Anderson argued that the court needed to answer whether the executive — province of Saskatchewan — exceeded its authority when it enacted the regulation and PHO, he continued. 

She believed that subsection 25.2 of the regulations was beyond the act’s legal power; the regulation and PHO were illegal for unauthorized sub-delegation of statutory power to the chief medical health officer; and the regulation and act were inconsistent with The Constitution Act, 1982.

Meanwhile, the Crown’s position was that the challenged regulation was not beyond the legal power of The Public Health Act and did not affect an invalid sub-delegation. The Crown also argued that the judge had no jurisdiction to make a dismissal order under The Constitution Act as the applicants requested.  

Judge Hendrickson wrote that he considered three issues in this situation: whether the challenged regulation is beyond the legal power of its parent act, the Public Health Act, 1994, whether the challenged regulation was inconsistent with The Constitution Act 1982, and whether — if the regulation was beyond its power or inconsistent — there was a remedy to the situation.

Issue 1

The judge wrote that he was satisfied that the purpose and scope of the act were to protect the health and well-being of Saskatchewanians, so the answer to the first issue was “no.” 

He acknowledged that the act allowed the government to establish measures to control the spread of infectious diseases and allowed for other measures, such as shutting down premises to prevent or control a health hazard.  

Hendrickson disagreed with the applicants’ arguments that the health orders affected people’s fundamental freedoms, that the province essentially re-delegated power to itself to be exercised in an administrative or discretionary fashion, and that the regulation transformed a legislative power into an administrative power vested in the minister. 

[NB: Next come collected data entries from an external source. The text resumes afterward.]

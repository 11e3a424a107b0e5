-- ===== src/Http/Codec.antt =====
-- `HttpCodec::OnClientMessage` of examples/http/HttpCodec.cpp.
pub mod Framing
use ladder.Prelude.{
  ◌-◌, ◌^◌, ℕ, suc, Bool, not, ◌||◌, Option, none, some, List, [], ◌∷◌, ◌++◌, length, ◌==◌,
  if◌then◌else◌,
}
use ladder.Prelude.Text.{or_empty, codes, ℤ, pos, negsuc, same_text, assign_number}
use ladder.GZip.{Zlib}
use ladder.GZip
use ladder.Buffer.{is_empty, Buffer, readable_bytes, peek, have_read}
use ladder.Http.Tables.{encoding_gzip, field_content_encoding, status_ok}
use ladder.Http.Message.{
  HttpContext, new_context, Parsed, parsed, thrown, parse_message, handle_request, prepare_response,
  compose_headers,
}

-- `ReadFileAsString` gives no characters for a file that is not there.
pub record World : Type 0 where
  pub files : List ℕ → Option (List ℕ)
  pub deflate_file : List ℕ → List ℕ

-- The world with files and zlib, whose loops run on so much fuel.
abbrev pub world_of : {Stream : Type 0} → Zlib Stream → ℕ → (List ℕ → Option (List ℕ)) → World
world_of z fuel found = record {
  files = found;
  deflate_file = λ path. or_empty (GZip.deflate_file z fuel (found path));
}

unfoldable pub read_file_as_string : World → List ℕ → List ℕ
read_file_as_string w path = elim (w.files path) [ none ↦ [] | some content ↦ content ]

-- What is asked of the connection.
pub data Act : Type 0 where
  sends : List ℕ → Act
  sends_file : List ℕ → List ℕ → Act
  shuts_down_write : Act

-- A callback of the server changes both contexts.
abbrev pub MessageCallback : Type 0
MessageCallback = HttpContext → HttpContext → HttpContext × HttpContext

unfoldable pub call_server :
    Option MessageCallback → HttpContext → HttpContext → HttpContext × HttpContext
call_server none request response = (request, response)
call_server (some callback) request response = callback request response

pub composed : HttpContext → List ℕ
composed response = compose_headers (prepare_response response) response

-- The answer where the status is that of success.
unfoldable pub respond_ok : World → Bool → HttpContext → HttpContext → Act
unfolding composed read_file_as_string
respond_ok w send_file request response =
    if not send_file || (request.content_encoding == encoding_gzip)
    then (if request.content_encoding == encoding_gzip
        then (let filebuf = w.deflate_file response.uri in
            sends (
              composed (record response {
                headers = assign_number field_content_encoding (codes "gzip") response.headers;
                content_length = length filebuf;
              })
              ++ filebuf))
        else (let filebuf = read_file_as_string w response.uri in
            sends (composed (record response { content_length = length filebuf }) ++ filebuf)))
    else sends_file (composed response) response.uri

unfoldable pub respond : World → Bool → HttpContext → HttpContext → List Act
unfolding respond_ok composed
respond w send_file request response =
    (if response.status_code == status_ok
      then respond_ok w send_file request response
      else sends (composed response))
    ∷ (if same_text request.version (codes "HTTP/1.0") then shuts_down_write ∷ [] else [])

-- `HaveRead(length)`: a negative `length` becomes a `size_t` beyond all contents.
pub skip : ℤ → Buffer → Buffer
skip (pos n) b = have_read n b
skip (negsuc n) b = have_read (2 ^ 64 - suc n) b

-- `request->context()->status_code_ = status`; a request's status is never negative here.
abbrev pub with_status : ℤ → HttpContext → HttpContext
with_status (pos n) c = record c { status_code = n }
with_status (negsuc n) c = c

-- What comes of one message; `raised` is an exception.
pub data Handled : Type 0 where
  handled : List Act → Buffer → Handled
  raised : Handled

-- What is asked of the connection once the server has seen the request.
abbrev pub answer : World → Bool → Option MessageCallback → HttpContext → HttpContext → List Act
answer w send_file callback raw request =
    let (request', response) = call_server callback request (new_context raw) in
    respond w send_file request' response

abbrev pub on_parsed :
    World → Bool → Option MessageCallback → HttpContext → Buffer → Parsed → Handled
on_parsed w send_file callback raw b thrown = raised
on_parsed w send_file callback raw b (parsed (negsuc n) total request) = handled [] b
on_parsed w send_file callback raw b (parsed (pos status) total request) =
    handled (answer w send_file callback raw (with_status (pos status) request)) (skip total b)

-- The contexts are made from memory that holds `raw`.
pub on_client_message : World → Bool → Option MessageCallback → HttpContext → Buffer → Handled
on_client_message w send_file callback raw b =
    on_parsed w send_file callback raw b
      (parse_message handle_request (new_context raw) (peek (readable_bytes b) b).1)
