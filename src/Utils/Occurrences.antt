-- ===== src/Utils/Occurrences.antt =====
-- The places at which a pattern stands in a text, found by comparison at each.
use ladder.Prelude.{
  ℕ, zero, suc, ◌+◌, ◌-◌, ◌<◌, ◌≤◌, ◌≡◌, ◌≢◌, refl, Bool, true, false, ◌&&◌, List, [], ◌∷◌, length,
  drop, ◌==◌, if◌then◌else◌, arith,
}
use ladder.Utils.{char_at}

abbrev pub starts_with : List ℕ → List ℕ → Bool
starts_with [] str = true
starts_with (c ∷ pat) [] = false
starts_with (c ∷ pat) (d ∷ str) = (c == d) && starts_with pat str

-- The places among `count` many, from `i` on, at which the pattern stands in the text.
abbrev pub places_of : List ℕ → List ℕ → ℕ → ℕ → List ℕ
places_of str pat i zero = []
places_of str pat i (suc count) =
    if starts_with pat (drop i str)
    then i ∷ places_of str pat (suc i) count
    else places_of str pat (suc i) count

-- Every place.
abbrev pub occurrences : List ℕ → List ℕ → List ℕ
occurrences str pat = places_of str pat 0 (length str + 1 - length pat)

-- No character of the pattern is zero.
abbrev pub NoZero : List ℕ → Type 0
NoZero pat = (k : ℕ) → k < length pat → char_at pat k ≢ 0

pub starts_with-Matches :
    (pat str : List ℕ)
    → starts_with pat str ≡ true
    → (x : ℕ) → x < length pat
    → char_at pat x ≡ char_at str x
starts_with-Matches [] str h x lt = absurd (omega arith)
starts_with-Matches (c ∷ pat) [] h x lt = cc
starts_with-Matches (c ∷ pat) (d ∷ str) h zero lt = ground arith
starts_with-Matches (c ∷ pat) (d ∷ str) h (suc x) lt =
    starts_with-Matches pat str (ground arith) x (omega arith)

pub Matches-starts_with :
    (pat str : List ℕ)
    → length pat ≤ length str
    → ((x : ℕ) → x < length pat → char_at pat x ≡ char_at str x)
    → starts_with pat str ≡ true
Matches-starts_with [] str le h = refl
Matches-starts_with (c ∷ pat) [] le h = absurd (omega arith)
Matches-starts_with (c ∷ pat) (d ∷ str) le h =
    ground (arith, h 0, Matches-starts_with pat str (omega arith) (λ x lt. h (suc x) (omega arith)))
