-- ===== src/Utils/Border.antt =====
-- Borders: prefixes of a pattern that stand again at the end of a longer prefix.
use native.Mathlib.Decide.{dec_lt}
use ladder.Prelude.{ℕ, suc, ◌+◌, ◌-◌, ◌<◌, ◌≡◌, sym, ap, ◌∙◌, Option, none, some, arith}

-- The first `n` characters of one text are those of another from `i` on.
abbrev pub Matches : (ℕ → ℕ) → (ℕ → ℕ) → ℕ → ℕ → Type 0
Matches p s i n = (x : ℕ) → x < n → p x ≡ s (i + x)

abbrev pub Above : Option ℕ → ℕ → Type 0
Above none k = Unit
Above (some t) k = t < k

module _ (p : ℕ → ℕ) where
  abbrev pub Border : ℕ → ℕ → Type 0
  Border k j = (k < j) × Matches p p (j - k) k

  abbrev pub IsBorder : Option ℕ → ℕ → Type 0
  IsBorder none j = Unit
  IsBorder (some t) j = Border t j

  -- Every longer border than the entry is followed by the character at `j`.
  abbrev pub Covers : Option ℕ → ℕ → Type 0
  Covers e j = (k : ℕ) → Border k j → Above e k → p k ≡ p j

  abbrev pub IsEntry : Option ℕ → ℕ → Type 0
  IsEntry e j = IsBorder e j × Covers e j

  at_place : {a : ℕ} (b c : ℕ) → b ≡ c → a ≡ p b → a ≡ p c
  at_place b c e q = q ∙ ap p e

  -- A border of a border is a border.
  pub Border-trans : (k t i : ℕ) → Border t i → Border k t → Border k i
  Border-trans k t i (h, f) (l, g) = (
    omega arith,
    λ x lt.
        at_place (i - t + (t - k + x)) (i - k + x) (omega arith)
          (g x lt ∙ f (t - k + x) (omega arith)),
  )

  -- The shorter of two borders is a border of the longer.
  pub Border-inner : (k t i : ℕ) → Border k i → Border t i → k < t → Border k t
  Border-inner k t i (h, f) (l, g) lt = (
    lt,
    λ x b.
        f x b
        ∙ sym (
            at_place (i - t + (t - k + x)) (i - k + x) (omega arith) (g (t - k + x) (omega arith))),
  )

  pub Border-suc : (t i : ℕ) → Border t i → p t ≡ p i → Border (suc t) (suc i)
  Border-suc t i (h, f) e = (
    omega arith,
    λ x lt. elim (dec_lt x t) [
      | yes inside ↦ at_place (i - t + x) (suc i - suc t + x) (omega arith) (f x inside)
      | no last ↦
          ap p (let at_t : x ≡ t = omega arith in at_t)
          ∙ at_place i (suc i - suc t + x) (omega arith) e
    ],
  )

  pub Border-pred : (k i : ℕ) → Border (suc k) (suc i) → Border k i × (p k ≡ p i)
  Border-pred k i (h, f) = (
    (
      omega arith,
      λ x lt. at_place (suc i - suc k + x) (i - k + x) (omega arith) (f x (omega arith)),
    ),
    at_place (suc i - suc k + k) i (omega arith) (f k (omega arith)),
  )

  pub Border-zero : (i : ℕ) → Border 0 (suc i)
  Border-zero i = (omega arith, λ x lt. absurd (omega arith))
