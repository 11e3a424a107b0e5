-- ===== src/Utils/Table.antt =====
-- The table: each entry is a border that skips only borders which cannot help.
use mathlib.Core.Path.{subst}
use native.Mathlib.Decide.{dec_lt}
use ladder.Prelude.{
  get_or-append_left, get_or-append_last, ℕ, zero, suc, ◌+◌, ◌*◌, ◌<◌, ◌≤◌, ◌≡◌, ◌≢◌, refl, sym, ap,
  ◌∙◌, Option, none, some, List, [], ◌∷◌, ◌++◌, length, length-append, ltb, ◌==◌, Bool-cases, inl,
  inr, arith,
}
use ladder.Utils.{char_at, entry, reduce, extended, build, make_next}
use ladder.Utils.Border.{
  Above, Border, IsBorder, IsEntry, Border-trans, Border-inner, Border-suc, Border-pred,
  Border-zero,
}

module _ (pat : List ℕ) where
  abbrev p : ℕ → ℕ
  p = char_at pat

  abbrev pub TableIs : List (Option ℕ) → ℕ → Type 0
  TableIs next n = (length next ≡ n) × ((k : ℕ) → k < n → IsEntry p (entry next k) k)

  -- How far a value is from -1.
  abbrev pub rank : Option ℕ → ℕ
  rank none = 0
  rank (some t) = suc t

  -- Falling back from a border to its entry.
  fall_back :
      (e : Option ℕ) (t i : ℕ)
      → IsEntry p e t
      → Border p t i
      → IsBorder p e i × ((k : ℕ) → Border p k i → Above e k → k < t → p k ≡ p t)
  fall_back none t i (b, c) q = (tt, λ k bk ab lt. c k (Border-inner p k t i bk q lt) tt)
  fall_back (some u) t i (b, c) q =
      (Border-trans p u t i q b, λ k bk ab lt. c k (Border-inner p k t i bk q lt) ab)

  rank_lt : (e : Option ℕ) (t : ℕ) → IsBorder p e t → rank e < suc t
  rank_lt none t b = omega arith
  rank_lt (some u) t b = omega (arith, b.0)

  reduce_lem :
      (fuel : ℕ) (next : List (Option ℕ)) (i : ℕ) (e : Option ℕ)
      → TableIs next i
      → rank e ≤ fuel
      → IsEntry p e i
      → IsEntry p (reduce fuel pat next i e) i
  unfolding reduce
  reduce_lem zero next i e t r q = q
  reduce_lem (suc fuel) next i none t r q = q
  reduce_lem (suc fuel) next i (some u) t r (b, c) =
      elim (Bool-cases (char_at pat u == char_at pat i)) [
        | inl same ↦
            let e = entry next u in
            let ok = t.1 u b.0 in
            let f = fall_back e u i ok b in
            let eq : p u ≡ p i = ground arith in
            rw (same, reduce)
              (reduce_lem fuel next i e t (omega (arith, rank_lt e u ok.0)) (
                f.0,
                λ k bk ab. elim (dec_lt k u) [
                  | yes lt ↦ f.1 k bk ab lt ∙ eq
                  | no ge ↦ elim (dec_lt u k) [
                    | yes gt ↦ c k bk gt
                    | no le ↦ ap p (let at_u : k ≡ u = omega arith in at_u) ∙ eq
                  ]
                ],
              ))
        | inr other ↦ rw (other, reduce) (b, c)
      ]

  -- No border above `t` goes on with the character at `i`.
  abbrev pub Longest : Option ℕ → ℕ → Type 0
  Longest t i = (k : ℕ) → Border p k i → Above t k → p k ≢ p i

  record IsFilled (i : ℕ) (t : Option ℕ) (next : List (Option ℕ)) : Type 0 where
    table : TableIs next (suc i)
    border : IsBorder p t i
    longest : Longest t i

  -- One more entry, for a `t` that is the longest border there.
  extended_lem :
      (next : List (Option ℕ)) (i t : ℕ)
      → TableIs next (suc i)
      → Border p t (suc i)
      → ((k : ℕ) → Border p k (suc i) → ¬ (t < k))
      → IsFilled (suc i) (some t) (extended pat next (suc i) t)
  unfolding extended
  extended_lem next i t (size, ok) b longest = record {
    table = (
      omega (arith, size, length-append next (new ∷ [])),
      λ k lt. elim (dec_lt k (suc i)) [
        | yes old ↦ rw (get_or-append_left next (new ∷ []) k none (omega (arith, size))) (ok k old)
        | no last ↦ at_new k (omega arith)
      ],
    );
    border = b;
    longest = λ k bk lt. absurd (longest k bk lt);
  }
    where
      new : Option ℕ
      new = reduce (suc t) pat next (suc i) (some t)

      is_entry : IsEntry p new (suc i)
      is_entry =
          reduce_lem (suc t) next (suc i) (some t) (size, ok) (omega arith)
            (b, λ k bk lt. absurd (longest k bk lt))

      at_new : (k : ℕ) → k ≡ suc i → IsEntry p (entry (next ++ new ∷ []) k) k
      at_new k e =
          rw (get_or-append_last next new k none (omega (arith, size)))
            (subst (λ (n : ℕ). IsEntry p new n) (sym e) is_entry)

  -- What is left when a border cannot be extended.
  Longest-again :
      (e : Option ℕ) (t i : ℕ)
      → p t ≢ p i
      → Longest (some t) i
      → ((k : ℕ) → Border p k i → Above e k → k < t → p k ≡ p t)
      → Longest e i
  Longest-again e t i ne longest inner k bk ab = elim (dec_lt k t) [
    | yes lt ↦ λ q. ne (sym (inner k bk ab lt) ∙ q)
    | no ge ↦ elim (dec_lt t k) [
      | yes gt ↦ longest k bk gt
      | no le ↦ λ q. ne (ap p (let at_t : t ≡ k = omega arith in at_t) ∙ q)
    ]
  ]

  no_longer :
      (t : Option ℕ) (i : ℕ) (n : ℕ)
      → rank t ≡ n
      → Longest t i
      → (k : ℕ) → Border p k (suc i)
      → ¬ (n < k)
  no_longer t i n e longest zero b lt = omega arith
  no_longer none i n e longest (suc k) b lt = let q = Border-pred p k i b in longest k q.0 tt q.1
  no_longer (some t) i n e longest (suc k) b lt =
      let q = Border-pred p k i b in longest k q.0 (omega arith) q.1

  filled :
      (i : ℕ) (t : Option ℕ) (next : List (Option ℕ))
      → IsFilled i t next
      → i ≡ length pat
      → TableIs next (suc (length pat))
  filled i t next v e = subst (λ (n : ℕ). TableIs next (suc n)) e v.table

  -- With enough fuel the table is filled.
  build_lem :
      (fuel i : ℕ) (t : Option ℕ) (next : List (Option ℕ))
      → IsFilled i t next
      → i ≤ length pat
      → 2 * length pat + rank t ≤ fuel + 2 * i
      → TableIs (build fuel pat i t next) (suc (length pat))
  unfolding build
  build_lem zero i t next v le enough = filled i t next v (omega arith)
  build_lem (suc fuel) i none next v le enough = elim (Bool-cases (ltb i (length pat))) [
    | inl more ↦
        rw (more, build)
          (build_lem fuel (suc i) (some 0) (extended pat next (suc i) 0)
            (extended_lem next i 0 v.table (Border-zero p i) (no_longer none i 0 refl v.longest))
            (ground arith) (omega (arith, enough)))
    | inr done ↦ rw (done, build) (filled i none next v (ground arith))
  ]
  build_lem (suc fuel) i (some t) next v le enough = elim (Bool-cases (ltb i (length pat))) [
    | inl more ↦ elim (Bool-cases (char_at pat t == char_at pat i)) [
      | inl same ↦
          rw (more, same, build)
            (build_lem fuel (suc i) (some (suc t)) (extended pat next (suc i) (suc t))
              (extended_lem next i (suc t) v.table (Border-suc p t i v.border (ground arith))
                (no_longer (some t) i (suc t) refl v.longest))
              (ground arith) (omega (arith, enough)))
      | inr other ↦
          let ok = v.table.1 t (omega (arith, v.border.0)) in
          let f = fall_back (entry next t) t i ok v.border in
          rw (more, other, build)
            (build_lem fuel i (entry next t) next
              (record {
                table = v.table;
                border = f.0;
                longest = Longest-again (entry next t) t i (ground arith) v.longest f.1;
              })
              le (omega (arith, enough, rank_lt (entry next t) t ok.0)))
    ]
    | inr done ↦ rw (done, build) (filled i (some t) next v (ground arith))
  ]

  pub make_next-TableIs : TableIs (make_next pat) (suc (length pat))
  unfolding make_next
  make_next-TableIs =
      build_lem (2 * length pat + 1) 0 none (none ∷ [])
        (record {
          table = (refl, λ k lt. first k (omega arith));
          border = tt;
          longest = λ k b. absurd (omega (arith, b.0));
        })
        (omega arith) (omega arith)
    where
      first : (k : ℕ) → k ≡ 0 → IsEntry p (entry (none ∷ []) k) k
      first zero e = (tt, λ j b. absurd (omega (arith, b.0)))
      first (suc k) e = absurd (omega arith)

“… the powers conferred upon the Lieutenant Governor in Council … are distinct from the powers conferred upon the minister by the regulation,” he continued. “The language of the sub-delegation does not simply repeat the language of the delegation and the sub-delegate is not empowered to do the exact same thing the delegate is empowered to do.”

Issue 2

The judge wrote that he believed the applicants had not demonstrated that the regulation was inconsistent with The Constitution Act, 1982, so the answer to the second issue was “no.” 

Anderson argued that unwritten constitutional principles and the principles associated with the rule of law precluded the provincial government from imposing the regulation. Moreover, she argued that the executive had no inherent power to take any action unauthorized by law, while the power to infringe on civil liberties is a substantive legislative power.

“… unwritten principles and the principles associated with the rule of law are no independent bases upon which to invalidate legislation,” wrote Hendrickson. “… the Supreme Court (has) said the unwritten principle of democracy cannot be used as a device for invalidating otherwise valid provincial legislation … .

“… case law says delegations such as the one effected by the regulations are consistent with the Constitution.”